### To do
The answer should consist of every line in the material below that has the word "closes".

### Extracted data
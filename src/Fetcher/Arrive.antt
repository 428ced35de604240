-- ===== src/Fetcher/Arrive.antt =====
-- db/fetcher/fetcher.go: how a fetcher gets from a span to the next, and one round of FetchNext.
use defradg.Prelude.{
  ℕ, suc, ◌≡◌, refl, ap, Bytes, Bool, true, false, List, [], ◌∷◌, Option, none, some, All, length,
  Result, ok, err, Bool-cases, inl, inr,
}
use defradg.Keys.RoundTrip.{new_data_store_key-to_string}
use defradg.Spans.{Span}
use defradg.Collection.{FieldDescription}
use defradg.Fetcher.{
  KeyValue, EncodedDocument, Results, Source, DocumentFetcher, add_property, is_marker, process_kv,
  next_key_with, next_key, start_spans, open_iterator, close_results, iterate_span, ended, crossed,
  next_kv, fetch_loop, empty_doc, after_next, after_process, with_properties,
}
use defradg.Fetcher.Pairs.{
  IsReadable, entries, Holds, OfOther, at, between, arrive, next_key_with-between,
}
use defradg.Fetcher.Reference.{doc, add_pair, Apart}

-- The pairs that are at hand, of which no document has some in two spans.
pub record IsGood (src : Source) (backward : Bool) (x : KeyValue) (xs : List KeyValue)
    (left : List (Option Span)) (cs : List (List KeyValue)) : Type 0 where
  pub holds : Holds src backward left cs
  pub here : All IsReadable xs
  pub there : All (All IsReadable) cs
  pub apart : Apart ((x ∷ xs) ∷ cs)

pub length-entries : (kvs : List KeyValue) → length (entries kvs) ≡ length kvs
length-entries [] = refl
length-entries (kv ∷ kvs) = ap suc (length-entries kvs)

pub rest :
    {src : Source} {backward : Bool} {x y : KeyValue} {ys : List KeyValue}
    {left : List (Option Span)} {cs : List (List KeyValue)}
    → IsGood src backward x (y ∷ ys) left cs
    → IsGood src backward y ys left cs
rest g = record {
  holds = g.holds;
  here = g.here.1;
  there = g.there;
  apart = (g.apart.0.1, g.apart.1);
}

module _ (src : Source) (closes : src.close_results ≡ ok tt) (b : DocumentFetcher) where
  pub start_spans-arrive :
      (left : List (Option Span)) (cs : List (List KeyValue)) (rs : Results) (k : Bytes)
      (ps : List (FieldDescription × Bytes)) (r : Bool)
      → Holds src b.reverse left cs
      → All (All IsReadable) cs
      → OfOther k cs
      → ended (start_spans src left (between b rs left (doc k ps) r))
        ≡ (ok true, arrive b rs left cs (doc k ps) r)
  unfolding start_spans open_iterator close_results iterate_span next_key_with next_kv crossed
  start_spans-arrive [] [] rs k ps r h g o = refl
  start_spans-arrive [] (c ∷ cs) rs k ps r h g o = elim h [ ]
  start_spans-arrive (none ∷ left) cs rs k ps r h g o = elim h [ ]
  start_spans-arrive (some s ∷ left) [] rs k ps r h g o = elim h [ ]
  start_spans-arrive (some s ∷ left) ([] ∷ cs) rs k ps r h g o =
      let ih = start_spans-arrive left cs [] k ps r h.1 g.1 o.1 in rw (closes, h.0, ih) refl
  start_spans-arrive (some s ∷ left) ((y ∷ ys) ∷ cs) rs k ps r h g o =
      let e = next_key_with-between b (start_spans src left) left k ps rs y ys r g.0.0 o.0.0 in
      rw (closes, h.0, e) refl

  -- The same before the first document.
  pub start_spans-first :
      (left : List (Option Span)) (cs : List (List KeyValue)) (rs : Results)
      → Holds src b.reverse left cs
      → All (All IsReadable) cs
      → ended (start_spans src left (between b rs left empty_doc false))
        ≡ (ok true, arrive b rs left cs empty_doc false)
  unfolding start_spans open_iterator close_results iterate_span next_key_with next_kv crossed
  start_spans-first [] [] rs h g = refl
  start_spans-first [] (c ∷ cs) rs h g = elim h [ ]
  start_spans-first (none ∷ left) cs rs h g = elim h [ ]
  start_spans-first (some s ∷ left) [] rs h g = elim h [ ]
  start_spans-first (some s ∷ left) ([] ∷ cs) rs h g =
      let ih = start_spans-first left cs [] h.1 g.1 in rw (closes, h.0, ih) refl
  start_spans-first (some s ∷ left) ((y ∷ ys) ∷ cs) rs h g =
      let e = new_data_store_key-to_string y.key g.0.0.whole g.0.0.plain in
      rw (closes, h.0, e, g.0.0.kind) refl

  pub arrive-doc :
      (left : List (Option Span)) (cs : List (List KeyValue)) (rs : Results) (d : EncodedDocument)
      (r : Bool)
      → (arrive b rs left cs d r).doc ≡ some d
  arrive-doc [] cs rs d r = refl
  arrive-doc (s ∷ left) [] rs d r = refl
  arrive-doc (s ∷ left) ([] ∷ cs) rs d r = arrive-doc left cs [] d r
  arrive-doc (s ∷ left) ((y ∷ ys) ∷ cs) rs d r = refl

  -- What a round of FetchNext does behind processKV.
  abbrev pub continued :
      ℕ
      → KeyValue
      → List KeyValue
      → List (Option Span)
      → Bytes
      → List (FieldDescription × Bytes)
      → Result (List (FieldDescription × Bytes))
      → Result (Option EncodedDocument) × DocumentFetcher
  continued rounds x xs left k ps (err e) = (err e, at b x xs left (doc k ps) true)
  continued rounds x xs left k ps (ok qs) =
      after_next src (fetch_loop src rounds) (next_key src (at b x xs left (doc k qs) true))

  pub fetch_loop-at :
      (rounds : ℕ) (x : KeyValue) (xs : List KeyValue) (left : List (Option Span)) (k : Bytes)
      (ps : List (FieldDescription × Bytes))
      → fetch_loop src (suc rounds) (at b x xs left (doc k ps) true)
        ≡ continued rounds x xs left k ps (add_pair b.schema_fields x ps)
  unfolding fetch_loop process_kv
  fetch_loop-at rounds x xs left k ps = elim (Bool-cases (is_marker x)) [
    | inl m ↦ rw m refl
    | inr m ↦ rw m (go (add_property b.schema_fields x ps))
  ]
    where
      go :
          (p : Result (List (FieldDescription × Bytes)))
          → after_process src
              (fetch_loop src rounds)
              (with_properties p (some k) (at b x xs left (doc k ps) true))
            ≡ continued rounds x xs left k ps p
      go (err e) = refl
      go (ok qs) = refl

  -- The first pair of a document resets it.
  pub first :
      (rounds : ℕ) (y : KeyValue) (ys : List KeyValue) (left : List (Option Span))
      (d : EncodedDocument)
      → fetch_loop src (suc rounds) (at b y ys left d false)
        ≡ fetch_loop src (suc rounds) (at b y ys left (doc y.key.doc_key []) true)
  unfolding fetch_loop process_kv
  first rounds y ys left d = refl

### Answer space
module _ (src : Source) (closes : src.close_results ≡ ok tt) (b : DocumentFetcher) where
      let ih = start_spans-arrive left cs [] k ps r h.1 g.1 o.1 in rw (closes, h.0, ih) refl
      rw (closes, h.0, e) refl
      let ih = start_spans-first left cs [] h.1 g.1 in rw (closes, h.0, ih) refl
      rw (closes, h.0, e, g.0.0.kind) refl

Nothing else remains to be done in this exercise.